I broadly agree with this. For the civilizations that want to keep thinking about their values or the philosophically tricky parts of their strategy, there will be an open question about how convergent/correct their thinking process is (although there’s lots you can do to make it more convergent/correct — eg. redo it under lots of different conditions, have arguments be reviewed by many different people/AIs, etc).
And it does seem like all reasonable civilizations should want to do some thinking like this. For those civilizations, this post is just saying that other sources of instability could be removed (if they so chose, and insofar as that was compatible with the intended thinking process).
Also, separately, my best guess is that competent civilizations (whatever that means) that were aiming for correctness would probably succeed (at least in areas were correctness is well defined). Maybe by solving metaphilosophy and doing that, maybe because they took lots of precautions like mentioned above, maybe just because it’s hard to get permanently stuck at incorrect beliefs if lots of people are dedicated to getting things right, have all the time and resources in the world, and are really open-minded. (If they’re not open-minded but feel strongly attached to keeping their current views, then I become more pessimistic.)

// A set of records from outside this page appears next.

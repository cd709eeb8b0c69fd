-- ===== src/Notifier/InFlight.antt =====
-- notifier/inflight.go. The channel of slots is how many it holds; each part under `dropMu` is one
-- function, and what writeDropLog writes is the counts that it is given. The counts are 64 bits wide.
pub mod Slots
pub mod Drops
use cloudhost_firewall_autou.Common.{
  ℕ, zero, suc, ◌&&◌, ◌+◌, ◌-◌, ◌%◌, ◌^◌, ◌≡◌, Bool, true, false, not, Option, none, some, List, [],
  ◌∷◌, ◌==◌, nat_eq, list_eq, ltb, if◌then◌else◌, update,
}
use cloudhost_firewall_autou.Strings.{Text, codes}
use cloudhost_firewall_autou.Strconv.{ℤ, pos, negsuc}
use cloudhost_firewall_autou.Notifier.{EventType, dns_failed, sync_error, operational_unhealthy}

abbrev pub in_flight_limit : ℕ
in_flight_limit = 4

pub record DropCounts : Type 0 where
  pub channels : ℕ → ℕ
  pub events : ℕ → ℕ

abbrev pub no_drops : DropCounts
no_drops = record { channels = λ i. 0; events = λ i. 0 }

pub record InFlightLimiter : Type 0 where
  pub capacity : ℕ
  pub slots : ℕ
  pub drop_timer : Bool
  pub drops : DropCounts
  pub diagnostics_closed : Bool

abbrev capacity_of : ℤ → ℕ
capacity_of (pos zero) = 1
capacity_of (pos (suc n)) = suc n
capacity_of (negsuc n) = 1

unfoldable pub new_in_flight_limiter : ℤ → InFlightLimiter
new_in_flight_limiter capacity = record {
  capacity = capacity_of capacity;
  slots = 0;
  drop_timer = false;
  drops = no_drops;
  diagnostics_closed = false;
}

-- A call of Acquire with its release function: not made, granted, refused, or given back.
pub data Token : Type 0 where
  unused held refused released : Token

unfoldable pub acquire : InFlightLimiter → InFlightLimiter × Token
acquire l =
    if ltb l.slots l.capacity then (record l { slots = l.slots + 1 }, held) else (l, refused)

-- The release function runs its body once.
unfoldable pub release : InFlightLimiter → Token → InFlightLimiter × Token
release l held = (record l { slots = l.slots - 1 }, released)
release l t = (l, t)

unfoldable pub channel_index : Text → ℕ
channel_index channel =
    if channel == codes "email"
    then 0
    else if channel == codes "dingtalk"
    then 1
    else if channel == codes "feishu"
    then 2
    else if channel == codes "slack"
    then 3
    else 4

unfoldable pub event_index : EventType → Option ℕ
event_index dns_failed = some 0
event_index sync_error = some 1
event_index operational_unhealthy = some 2
event_index _ = none

abbrev pub add64 : ℕ → ℕ
add64 n = (n + 1) % 2 ^ 64

abbrev pub count_drop : ℕ → ℕ → DropCounts → DropCounts
count_drop ci ei d = record {
  channels = update d.channels ci (add64 (d.channels ci));
  events = update d.events ei (add64 (d.events ei));
}

abbrev pub log_counted : ℕ → Option ℕ → InFlightLimiter → InFlightLimiter × Option DropCounts
log_counted ci none l = (l, none)
log_counted ci (some ei) l =
    let counted = count_drop ci ei l.drops in
    if l.diagnostics_closed
    then (l, none)
    else if l.drop_timer
    then (record l { drops = counted }, none)
    else (record l { drops = no_drops; drop_timer = true }, some counted)

-- A dropped notification, with what is logged of it at once.
unfoldable pub log_dropped :
    Text → EventType → InFlightLimiter → InFlightLimiter × Option DropCounts
log_dropped channel event l = log_counted (channel_index channel) (event_index event) l

abbrev pub no_events : DropCounts → Bool
no_events d = (d.events 0 == 0) && ((d.events 1 == 0) && (d.events 2 == 0))

-- The end of the window: the part before the log line, and the part after it.
unfoldable pub flush_drops : InFlightLimiter → InFlightLimiter × Option DropCounts
flush_drops l =
    if l.diagnostics_closed
    then (l, none)
    else if no_events l.drops
    then (record l { drop_timer = false }, none)
    else (record l { drops = no_drops }, some l.drops)

unfoldable pub rearm : InFlightLimiter → InFlightLimiter
rearm l = if l.diagnostics_closed then l else record l { drop_timer = true }

unfoldable pub stop_diagnostics : InFlightLimiter → InFlightLimiter
stop_diagnostics l = record l { diagnostics_closed = true; drop_timer = false; drops = no_drops }
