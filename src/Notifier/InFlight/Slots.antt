-- ===== src/Notifier/InFlight/Slots.antt =====
-- Calls of Acquire and of their release functions, in any order.
use cloudhost_firewall_autou.Common.{
  ℕ, zero, suc, ◌+◌, ◌≤◌, ◌<◌, ◌≡◌, refl, sym, ap, nat_eq, update, total, total-update, arith,
}
use cloudhost_firewall_autou.Strconv.{ℤ}
use cloudhost_firewall_autou.Notifier.InFlight.{
  InFlightLimiter, Token, unused, held, refused, released, acquire, release, new_in_flight_limiter,
}

pub record System : Type 0 where
  pub limiter : InFlightLimiter
  pub token : ℕ → Token

-- One of `n` calls is made, or a release function is called, also again.
pub data Step (n : ℕ) (s : System) : System → Type 0 where
  take :
      (i : ℕ)
      → i < n
      → s.token i ≡ unused
      → Step n s (record {
        limiter = (acquire s.limiter).0;
        token = update s.token i (acquire s.limiter).1;
      })
  give :
      (i : ℕ)
      → i < n
      → Step n s (record {
        limiter = (release s.limiter (s.token i)).0;
        token = update s.token i (release s.limiter (s.token i)).1;
      })

pub data Reach (n : ℕ) (capacity : ℤ) : System → Type 0 where
  start :
      Reach n capacity (record { limiter = new_in_flight_limiter capacity; token = λ i. unused })
  later : {s t : System} → Reach n capacity s → Step n s t → Reach n capacity t

abbrev pub holds : Token → ℕ
holds held = 1
holds _ = 0

record Inv (n : ℕ) (s : System) : Type 0 where
  counted : s.limiter.slots ≡ total holds n s.token
  bounded : s.limiter.slots ≤ s.limiter.capacity

acquire_lem :
    (l : InFlightLimiter)
    → ((acquire l).0.slots ≡ l.slots + holds (acquire l).1)
      × (l.slots ≤ l.capacity → (acquire l).0.slots ≤ (acquire l).0.capacity)
unfolding acquire
acquire_lem l = (ground arith, λ h. ground arith)

release_lem :
    (l : InFlightLimiter) (t : Token)
    → holds t ≤ l.slots
    → ((release l t).0.slots + holds t ≡ l.slots + holds (release l t).1)
      × ((release l t).0.capacity ≡ l.capacity)
      × ((release l t).0.slots ≤ l.slots)
unfolding release
release_lem l held h = ground arith
release_lem l unused h = ground arith
release_lem l refused h = ground arith
release_lem l released h = ground arith

holds-le_total : (n i : ℕ) (f : ℕ → Token) → i < n → holds (f i) ≤ total holds n f
holds-le_total n i f lt = let u = total-update holds n i f unused lt in omega (arith, u)

Step-Inv : {n : ℕ} {s t : System} → Step n s t → Inv n s → Inv n t
Step-Inv {n} {s} (take i lt e) inv =
    let (slots, kept) = acquire_lem s.limiter in
    let u = total-update holds n i s.token (acquire s.limiter).1 lt in
    let f = ap holds e in
    record { counted = omega (arith, slots, u, f, inv.counted); bounded = kept inv.bounded }
Step-Inv {n} {s} (give i lt) inv =
    let own = holds-le_total n i s.token lt in
    let (slots, same, fewer) =
      release_lem s.limiter (s.token i) (omega (arith, own, inv.counted)) in
    let u = total-update holds n i s.token (release s.limiter (s.token i)).1 lt in
    record {
      counted = omega (arith, slots, u, inv.counted);
      bounded = omega (arith, same, fewer, inv.bounded);
    }

total_unused : (n : ℕ) → total holds n (λ i. unused) ≡ 0
unfolding total
total_unused zero = refl
total_unused (suc n) = omega (arith, total_unused n)

Reach-Inv : {n : ℕ} {capacity : ℤ} {s : System} → Reach n capacity s → Inv n s
unfolding new_in_flight_limiter
Reach-Inv {n} start = record { counted = sym (total_unused n); bounded = omega arith }
Reach-Inv (later r st) = Step-Inv st (Reach-Inv r)

-- After any calls of Acquire and of release functions, in any order and also repeated, the slots in
-- use are as many as the calls that hold one, and never more than the capacity.
pub slots_exact :
    {n : ℕ} {capacity : ℤ} {s : System}
    → Reach n capacity s
    → (s.limiter.slots ≡ total holds n s.token) × (s.limiter.slots ≤ s.limiter.capacity)
slots_exact r = let inv = Reach-Inv r in (inv.counted, inv.bounded)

By being unreasonably conservative. Most AIs could be tasked with narrowly doing their job, a few with pushing forward technology/engineering, none with doing anything that looks suspiciously like ethics/philosophy. (This seems like a bad idea.)
Just to be clear: we mostly don’t argue for the desirability or likelihood of lock-in, just its technological feasibility. Am I correctly interpreting your comment to be cautionary, questioning the desirability of lock-in given the apparent difficulty of doing so while maintaining sufficiently flexibility to handle unforeseen philosophical arguments?
To take a step back, I’m not sure it makes sense to talk about “technological feasibility” of lock-in, as opposed to say its expected cost, because suppose the only feasible method of lock-in causes you to lose 99% of the potential value of the universe, that seems like a more important piece of information than “it’s technologically feasible”.
(On second thought, maybe I’m being unfair in this criticism, because feasibility of lock-in is already pretty clear to me, at least if one is willing to assume extreme costs, so I’m more interested in the question of “but can it be done at more acceptable costs”, but perhaps this isn’t true of others.)
That aside, I guess I’m trying to understand what you’re envisioning when you say “An extreme version of this would be to prevent all reasoning that could plausibly lead to value-drift, halting progress in philosophy.” What kind of mechanism do you have in mind for doing this? Also, you distinguish between stopping philosophical progress vs stopping technological progress, but since technological progress often requires solving philosophical questions (e.g., related to how to safely use the new technology), do you really see much distinction between the two?